◆ What to produce ◆
What is the number of lines in the data that hold the string "NetConn"? Reply with that number only.

◆ Information given ◆
- - - -
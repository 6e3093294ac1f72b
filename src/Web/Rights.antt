-- ===== src/Web/Rights.antt =====
-- Who may change the configuration by CONF_SET.
use itertk.Base.{
  ℕ, ◌≡◌, refl, ◌∙◌, ap, Bool, false, Option, none, some, List, [], ◌==◌, get_elem?, Bool-cases,
  Option-cases, inl, inr,
}
use itertk.Conf.{ConfiData, ConfigLimit, UsrInfo, ConfigCom, ConfigMode}
use itertk.Conf.Users.{CmdCode, get_usr_id, code_number}
use itertk.Conf.Defaults.{usr_root}
use itertk.Client.Link.{is_open}
use itertk.Wire.{Action, NetConn, ◌>>=◌, pure, After}
use itertk.Wire.Packet.{Itsip, ItsCmd, Layout}
use itertk.Wire.Send.{net_conn_send}
use itertk.Web.{Web, Board, user_of, data_at, allowed, send_result, result_head}
use itertk.Web.Set.{
  sys_conf_set, conf_com_set, conf_mode_set, conf_limit_set, put_com, put_mode, put_limit,
  receive_object,
}
use itertk.Web.Command.{web_cmd_proc, acknowledge, on_cmd, its_cmd_of}
use itertk.Web.Receiving.{receive_object-After, bind-After, lift_conn-After}

abbrev is_root : Option UsrInfo → Bool
is_root none = false
is_root (some usr) = usr.usr_auth == usr_root

abbrev may_modify : ConfiData → List ℕ → Option ConfigLimit → Bool
may_modify conf user none = false
may_modify conf user (some limit) = allowed limit limit.modify conf user

-- The user whom the head names has neither the right to modify the port that it names, nor root's
-- authority. A port or a user that is not in its table gives neither.
pub record Denied (head : Itsip) (conf : ConfiData) : Type 0 where
  pub no_right : may_modify conf (user_of head) (get_elem? conf.con_lim (data_at head 1)) ≡ false
  pub not_root : is_root (get_elem? conf.con_usr (get_usr_id conf.con_usr (user_of head))) ≡ false

abbrev pub Untouched : {A : Type 0} → Web → A → Web → Type 0
Untouched w a w' = w' ≡ record w { conn = w'.conn }

-- Without the right the object that was received is dropped, or a table is read behind its end.
put_com-Untouched :
    (head : Itsip) (v : ConfigCom) (w : Web)
    → Denied head w.client.conf
    → After (Untouched w) (put_com head v w)
unfolding put_com
put_com-Untouched head v w d =
    elim (Option-cases (get_elem? w.client.conf.con_lim (data_at head 1))) [
      | inl none_there ↦ rw none_there tt
      | inr (limit, e) ↦
          let n : allowed limit limit.modify w.client.conf (user_of head) ≡ false =
            rw e at d.no_right in
          rw (e, n) refl
    ]

put_mode-Untouched :
    (head : Itsip) (v : ConfigMode) (w : Web)
    → Denied head w.client.conf
    → After (Untouched w) (put_mode head v w)
unfolding put_mode
put_mode-Untouched head v w d =
    elim (Option-cases (get_elem? w.client.conf.con_lim (data_at head 1))) [
      | inl none_there ↦ rw none_there tt
      | inr (limit, e) ↦
          let n : allowed limit limit.modify w.client.conf (user_of head) ≡ false =
            rw e at d.no_right in
          rw (e, n) refl
    ]

put_limit-Untouched :
    (head : Itsip) (v : ConfigLimit) (w : Web)
    → Denied head w.client.conf
    → After (Untouched w) (put_limit head v w)
unfolding put_limit
put_limit-Untouched head v w d =
    let users = w.client.conf.con_usr in
    elim (Option-cases (get_elem? users (get_usr_id users (user_of head)))) [
      | inl unknown ↦ rw unknown tt
      | inr (usr, e) ↦
          let n : (usr.usr_auth == usr_root) ≡ false = rw e at d.not_root in rw (e, n) refl
    ]

-- A received object with such a continuation.
dropped :
    {A : Type 0} (layout : Layout A) (k : A → Action Web CmdCode) (w : Web)
    → ((v : A) (c : NetConn)
        → After (Untouched (record w { conn = c })) (k v (record w { conn = c })))
    → After (Untouched w) (receive_object layout CmdCode.recv_failed k w)
dropped layout k w h =
    receive_object-After layout CmdCode.recv_failed k w (Untouched w)
      (λ got c e s. h (layout.load got) c) (λ c. refl)

sys_conf_set-Untouched :
    (b : Board) (head : Itsip) (w : Web)
    → Denied head w.client.conf
    → After (Untouched w) (sys_conf_set b head w)
unfolding sys_conf_set conf_com_set conf_mode_set conf_limit_set
sys_conf_set-Untouched b head w d = elim (Bool-cases (data_at head 0 == 0)) [
  | inl port ↦ rw port (
      dropped b.abi.port (put_com head) w
        (λ v c. put_com-Untouched head v (record w { conn = c }) d))
  | inr not_port ↦ elim (Bool-cases (data_at head 0 == 1)) [
    | inl mode ↦
        rw (not_port, mode)
          (dropped b.abi.mode (put_mode head) w
            (λ v c. put_mode-Untouched head v (record w { conn = c }) d))
    | inr not_mode ↦ elim (Bool-cases (data_at head 0 == 2)) [
      | inl limit ↦
          rw (not_port, not_mode, limit)
            (dropped b.abi.limit (put_limit head) w
              (λ v c. put_limit-Untouched head v (record w { conn = c }) d))
      | inr other ↦ rw (not_port, not_mode, other) refl
    ]
  ]
]

-- Sending an answer changes the connection only.
pub acknowledge-Untouched :
    (b : Board) (cmd : ItsCmd) (m : Action Web CmdCode) (w : Web)
    → After (Untouched w) (m w)
    → After (Untouched w) (acknowledge b cmd m w)
unfolding acknowledge send_result
acknowledge-Untouched b cmd m w h =
    bind-After (Untouched w) (Untouched w) (m w)
      (λ code. send_result b cmd (code_number code) >>= λ _. pure code) h
      (λ code t e.
        bind-After (Untouched t) (Untouched w) (send_result b cmd (code_number code) t)
          (λ _. pure code)
          (lift_conn-After
            (net_conn_send (b.abi.head.store (result_head cmd 0 (code_number code) b.uninit_head))
              [] b.memory t.conn)
            t)
          (λ a u g. g ∙ ap (λ (v : Web). record v { conn = u.conn }) e))

-- When a call of web_cmd_proc for a CONF_SET packet returns, and its user has neither the right to modify
-- the port that it names nor root's authority, everything but the connection is as it was, whatever the
-- packet carries and however the connection behaves: no setting, pin, saved file or flag of the client
-- changes, and config_net_set is not called. A user or a port that is not in its table counts as having
-- no right; a call that reads the table behind its end for it counts as one that does not return, as
-- does one that still waits.
pub conf_set_without_right :
    (b : Board) (head : Itsip) (w : Web)
    → head.itsip_cmd ≡ 0xa3
    → Denied head w.client.conf
    → After (Untouched w) (web_cmd_proc b head w)
unfolding web_cmd_proc its_cmd_of on_cmd acknowledge send_result
conf_set_without_right b head w e d = elim (Bool-cases (is_open w.conn.client_conn)) [
  | inr shut ↦ rw shut refl
  | inl live ↦ elim (Bool-cases (head.itsip_head == 0xff)) [
    | inr no_head ↦ rw (live, no_head) refl
    | inl is_head ↦
        rw (live, is_head, e)
          (bind-After (Untouched w) (Untouched w)
            (acknowledge b ItsCmd.conf_set (sys_conf_set b head) w) (λ _. pure tt)
            (acknowledge-Untouched b ItsCmd.conf_set (sys_conf_set b head) w
              (sys_conf_set-Untouched b head w d))
            (λ a t h. h))
  ]
]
- - - -
◆ Answer for the task ◆
2